Redazione DottNet | 23/01/2012 17:36

Il Codacons inoltrerà domani un ricorso al Tar del Lazio contro la Asl di Pisa, che ''ha rifiutato l'espianto di protesi mammaria Pip ad una signora che ne aveva fatto richiesta''. Lo annuncia la stessa associazione in una nota. ''Un ministro particolarmente sensibile ai problemi dei cittadini, Renato Balduzzi, che - sottolinea l'associazione - ha ricevuto il presidente del Codacons, Carlo Rienzi, nella sede del Ministero a Roma''. Il Ministro, si legge nella nota, ''ha promesso che alla fine del monitoraggio ordinato per le protesi Pip pericolose, impartirà al Servizio Sanitario Nazionale istruzioni sul da farsi''.
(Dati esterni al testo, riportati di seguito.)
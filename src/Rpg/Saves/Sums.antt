-- ===== src/Rpg/Saves/Sums.antt =====
-- The last line of a save of demo-rpg/src/save_manager.cpp: where `read` finds it, and the sum in it.
use c_book.Prelude.{
  ℕ, Bool, drop, zero, suc, ◌+◌, ◌*◌, ◌/◌, ◌%◌, ◌^◌, ◌<◌, ◌≡◌, ◌⊎◌, refl, ap, ◌∙◌, sym, true, false,
  not, ◌&&◌, ◌||◌, List, [], ◌∷◌, ◌++◌, append_assoc, append-nil, length, length-append, get_or,
  none, some, All, All-append, All-map, inl, inr, codes, arith, ◌==◌, if◌then◌else◌, Outcome, ok,
  throw, ◌>>=◌,
}
use c_book.Rpg.Streams.{span_of, next_word}
use c_book.Rpg.Saves.Writing.{
  SaveError, invalid_number, bad_checksum_line, checksum_mismatch, checksum, checksum_from,
  hex_digit, hex_digits, to_hex, save_line,
}
use c_book.Rpg.Saves.Reading.{
  starts_with, split_checksum, is_hex, hex_value_of, hex_value, drop_prefix, stoul_digits, stoul_16,
  check_sum,
}
use c_book.Rpg.Saves.Words.{IsInk, IsWord, span_of-append}
use c_book.Rpg.Saves.Items.{next_word-space}
use c_book.Rpg.Saves.Lines.{IsLine}

pub checksum_from-lt : (sum : ℕ) (text : List ℕ) → sum < 2 ^ 32 → checksum_from sum text < 2 ^ 32
unfolding checksum_from
checksum_from-lt sum [] h = h
checksum_from-lt sum (c ∷ cs) h = checksum_from-lt ((sum * 31 + c) % 2 ^ 32) cs (omega arith)

-- One digit in base 16, as `std::hex` prints it.
hex_digit-is_hex : (d : ℕ) → d < 16 → is_hex (hex_digit d) ≡ true
hex_digit-is_hex d h = ground arith

hex_value_of-hex_digit : (d : ℕ) → d < 16 → hex_value_of (hex_digit d) ≡ d
hex_value_of-hex_digit d h = ground arith

hex_digits-hex : (n v : ℕ) → All (λ c. is_hex c ≡ true) (hex_digits n v)
unfolding hex_digits
hex_digits-hex zero v = tt
hex_digits-hex (suc n) v =
    All-append _ (hex_digits n (v / 16)) _ (hex_digits-hex n (v / 16))
      (hex_digit-is_hex (v % 16) (omega arith), tt)

length-hex_digits : (n v : ℕ) → length (hex_digits n v) ≡ n
unfolding hex_digits
length-hex_digits zero v = refl
length-hex_digits (suc n) v =
    length-append (hex_digits n (v / 16)) _ ∙ omega (arith, length-hex_digits n (v / 16))

hex_value-append :
    (acc : ℕ) (xs ys : List ℕ) → hex_value acc (xs ++ ys) ≡ hex_value (hex_value acc xs) ys
unfolding hex_value
hex_value-append acc [] ys = refl
hex_value-append acc (x ∷ xs) ys = hex_value-append (acc * 16 + hex_value_of x) xs ys

abbrev sixteen_to : ℕ → ℕ
sixteen_to zero = 1
sixteen_to (suc n) = 16 * sixteen_to n

hex_value-hex_digits : (n v : ℕ) → v < sixteen_to n → hex_value 0 (hex_digits n v) ≡ v
unfolding hex_value hex_digits
hex_value-hex_digits zero v h = omega arith
hex_value-hex_digits (suc n) v h =
    hex_value-append 0 (hex_digits n (v / 16)) (hex_digit (v % 16) ∷ [])
    ∙ ap (λ (m : ℕ). m * 16 + hex_value_of (hex_digit (v % 16)))
        (hex_value-hex_digits n (v / 16) (omega arith))
    ∙ ap (λ (m : ℕ). v / 16 * 16 + m) (hex_value_of-hex_digit (v % 16) (omega arith))
    ∙ omega arith

not_minus : (c : ℕ) → is_hex c ≡ true → (c == 45) ≡ false
not_minus c h = ground arith

not_plus : (c : ℕ) → is_hex c ≡ true → (c == 43) ≡ false
not_plus c h = ground arith

not_cross : (c : ℕ) → is_hex c ≡ true → (c == 120 || c == 88) ≡ false
not_cross c h = ground arith

drop_prefix-hexes :
    (a b : ℕ) (cs : List ℕ) → is_hex b ≡ true → drop_prefix (a ∷ b ∷ cs) ≡ a ∷ b ∷ cs
unfolding drop_prefix
drop_prefix-hexes a b cs h =
    ap
      (λ x.
        if a == 48 && (x && is_hex (get_or (a ∷ b ∷ cs) 2 0))
        then drop 2 (a ∷ b ∷ cs)
        else a ∷ b ∷ cs)
      (not_cross b h)
    ∙ never (a == 48)
  where
    never : (x : Bool) → (if x && false then drop 2 (a ∷ b ∷ cs) else a ∷ b ∷ cs) ≡ a ∷ b ∷ cs
    never true = refl
    never false = refl

span_of-all : (p : ℕ → Bool) (w : List ℕ) → All (λ c. p c ≡ true) w → span_of p w ≡ (w, [])
unfolding span_of
span_of-all p w h = ap (span_of p) (sym (append-nil w)) ∙ span_of-append p w [] h refl

stoul_16-hexes :
    (hexes : List ℕ)
    → All (λ c. is_hex c ≡ true) hexes
    → length hexes ≡ 8
    → stoul_16 hexes ≡ ok (hex_value 0 hexes)
unfolding stoul_16 stoul_digits
stoul_16-hexes [] h e = absurd (omega arith)
stoul_16-hexes (a ∷ []) h e = absurd (omega arith)
stoul_16-hexes (a ∷ b ∷ cs) h e = rw (not_minus a h.0) (
    rw (not_plus a h.0) (
      ap (λ o. elim o.0 [ [] ↦ throw invalid_number | c ∷ ds ↦ ok (hex_value 0 o.0) ])
        (ap (span_of is_hex) (drop_prefix-hexes a b cs h.1.0) ∙ span_of-all is_hex (a ∷ b ∷ cs) h)))

-- No sum line begins in these bytes.
split_checksum-none : (l : List ℕ) → IsLine l → split_checksum (l ++ 10 ∷ []) ≡ none
unfolding split_checksum starts_with
split_checksum-none [] h = refl
split_checksum-none (c ∷ cs) h = rw (split_checksum-none cs h.1) (rw (no_start c h.0) refl)
  where
    no_start : (c : ℕ) → (c == 10) ≡ false → (10 == c) ≡ false
    no_start c h = ground arith

split_checksum-append :
    (xs ys body rest : List ℕ)
    → split_checksum ys ≡ some (body, rest)
    → split_checksum (xs ++ ys) ≡ some (xs ++ body, rest)
unfolding split_checksum
split_checksum-append [] ys body rest e = e
split_checksum-append (x ∷ xs) ys body rest e = rw (split_checksum-append xs ys body rest e) refl

-- Texts that are made of whole lines.
abbrev pub IsWhole : List ℕ → Type 0
IsWhole text = (text ≡ []) ⊎ ((l : List ℕ) × (text ≡ l ++ 10 ∷ []))

pub IsWhole-append : (xs ys : List ℕ) → IsWhole xs → IsWhole ys → IsWhole (xs ++ ys)
IsWhole-append xs ys a (inr (l, e)) =
    inr (xs ++ l, ap (λ t. xs ++ t) e ∙ sym (append_assoc xs l (10 ∷ [])))
IsWhole-append xs ys (inl a) (inl b) = inl (ap (λ t. t ++ ys) a ∙ b)
IsWhole-append xs ys (inr (l, a)) (inl b) = inr (l, ap (λ t. xs ++ t) b ∙ append-nil xs ∙ a)

hex-IsInk : (c : ℕ) → is_hex c ≡ true → IsInk c
hex-IsInk c h = ground arith

hex-IsWord : (w : List ℕ) → All (λ c. is_hex c ≡ true) w → length w ≡ 8 → IsWord w
hex-IsWord [] h e = absurd (omega arith)
hex-IsWord (c ∷ cs) h e = (hex-IsInk c h.0, All-map hex-IsInk cs h.1)

hex-IsLine : (w : List ℕ) → All (λ c. is_hex c ≡ true) w → IsLine w
hex-IsLine w h = All-map mark w h
  where
    mark : (c : ℕ) → is_hex c ≡ true → (c == 10) ≡ false
    mark c h = ground arith

-- The end of `check_sum`, on the word that was read.
compared : List ℕ → List ℕ → Outcome SaveError Unit
compared body chk_hex =
    if not (length chk_hex == 8)
    then throw bad_checksum_line
    else stoul_16 chk_hex >>= λ expected.
        if expected % 2 ^ 32 == checksum body then ok tt else throw checksum_mismatch

compared-hexes :
    (body hexes : List ℕ)
    → All (λ c. is_hex c ≡ true) hexes
    → length hexes ≡ 8
    → compared body hexes
      ≡ (if hex_value 0 hexes % 2 ^ 32 == checksum body then ok tt else throw checksum_mismatch)
unfolding compared
compared-hexes body hexes hex eight = rw (eight, stoul_16-hexes hexes hex eight) refl

-- A sum line is compared by the number in it.
pub check_sum-save_line :
    (body : List ℕ) (sum : ℕ)
    → sum < 2 ^ 32
    → check_sum body (save_line (codes "CHK " ++ to_hex sum))
      ≡ (if sum == checksum body then ok tt else throw checksum_mismatch)
unfolding check_sum next_word compared
check_sum-save_line body sum low =
    ap (λ o. compared body o.0)
      (next_word-space [] (to_hex sum) (10 ∷ [])
        (hex-IsWord (to_hex sum) (hex_digits-hex 8 sum) (length-hex_digits 8 sum)) refl)
    ∙ compared-hexes body (to_hex sum) (hex_digits-hex 8 sum) (length-hex_digits 8 sum)
    ∙ ap (λ (n : ℕ). if n == checksum body then ok tt else throw checksum_mismatch)
        (ap (λ (n : ℕ). n % 2 ^ 32) (hex_value-hex_digits 8 sum (omega arith)) ∙ omega arith)

first_here :
    (rest : List ℕ)
    → split_checksum (codes "CHK " ++ rest) ≡ none
    → split_checksum (10 ∷ codes "CHK " ++ rest) ≡ some (10 ∷ [], codes "CHK " ++ rest)
unfolding split_checksum starts_with
first_here rest e = rw e refl

-- `read` finds the line that `write` put last.
pub split_checksum-last :
    (body : List ℕ) (sum : ℕ)
    → (l : List ℕ) × (body ≡ l ++ 10 ∷ [])
    → split_checksum (body ++ save_line (codes "CHK " ++ to_hex sum))
      ≡ some (body, save_line (codes "CHK " ++ to_hex sum))
split_checksum-last body sum (l, e) =
    let last = save_line (codes "CHK " ++ to_hex sum) in
    ap (λ t. split_checksum (t ++ last)) e
    ∙ ap split_checksum (append_assoc l (10 ∷ []) last)
    ∙ split_checksum-append l (10 ∷ last) (10 ∷ []) last (
        first_here (to_hex sum ++ 10 ∷ []) (
          split_checksum-none (codes "CHK " ++ to_hex sum)
            (refl, (refl, (refl, (refl, hex-IsLine (to_hex sum) (hex_digits-hex 8 sum)))))))
    ∙ ap (λ t. some (t, last)) (sym e)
Ma intanto, denuncia l'associazione, ''alle donne che chiedono l'espianto delle protesi in questione e successivo reimpianto viene opposto un rifiuto immotivato da parte del SSN, tanto che il Codacons inoltrerà domani un ricorso al Tar del Lazio contro la Asl di Pisa, che ha rifiutato l'espianto di protesi mammaria ad una signora''. Nel corso dell'incontro con il ministro, Rienzi ha presentato un dossier con 15 proposte che ''a costo zero - spiega - possono migliorare la qualità dell'assistenza e della sanità nel nostro paese: Le proposte vanno dal prezzo eccessivo dei farmaci, alla prevenzione delle ludopatie e dell'obesità, e ai problemi della riabilitazione, tutti fenomeni gravi che costano allo Stato milioni di euro ogni anno e potrebbero invece essere prevenuti per tempo''. Tra le segnalazioni del Codacons al ministro Balduzzi, anche quella inerente lo ''spreco di risorse economiche per finanziare progetti inutili e anzi dannosi''. Tutte le proposte, conclude il Codacons, ''saranno approfondite in un prossimo incontro tra il dicastero e l'associazione dei consumatori''.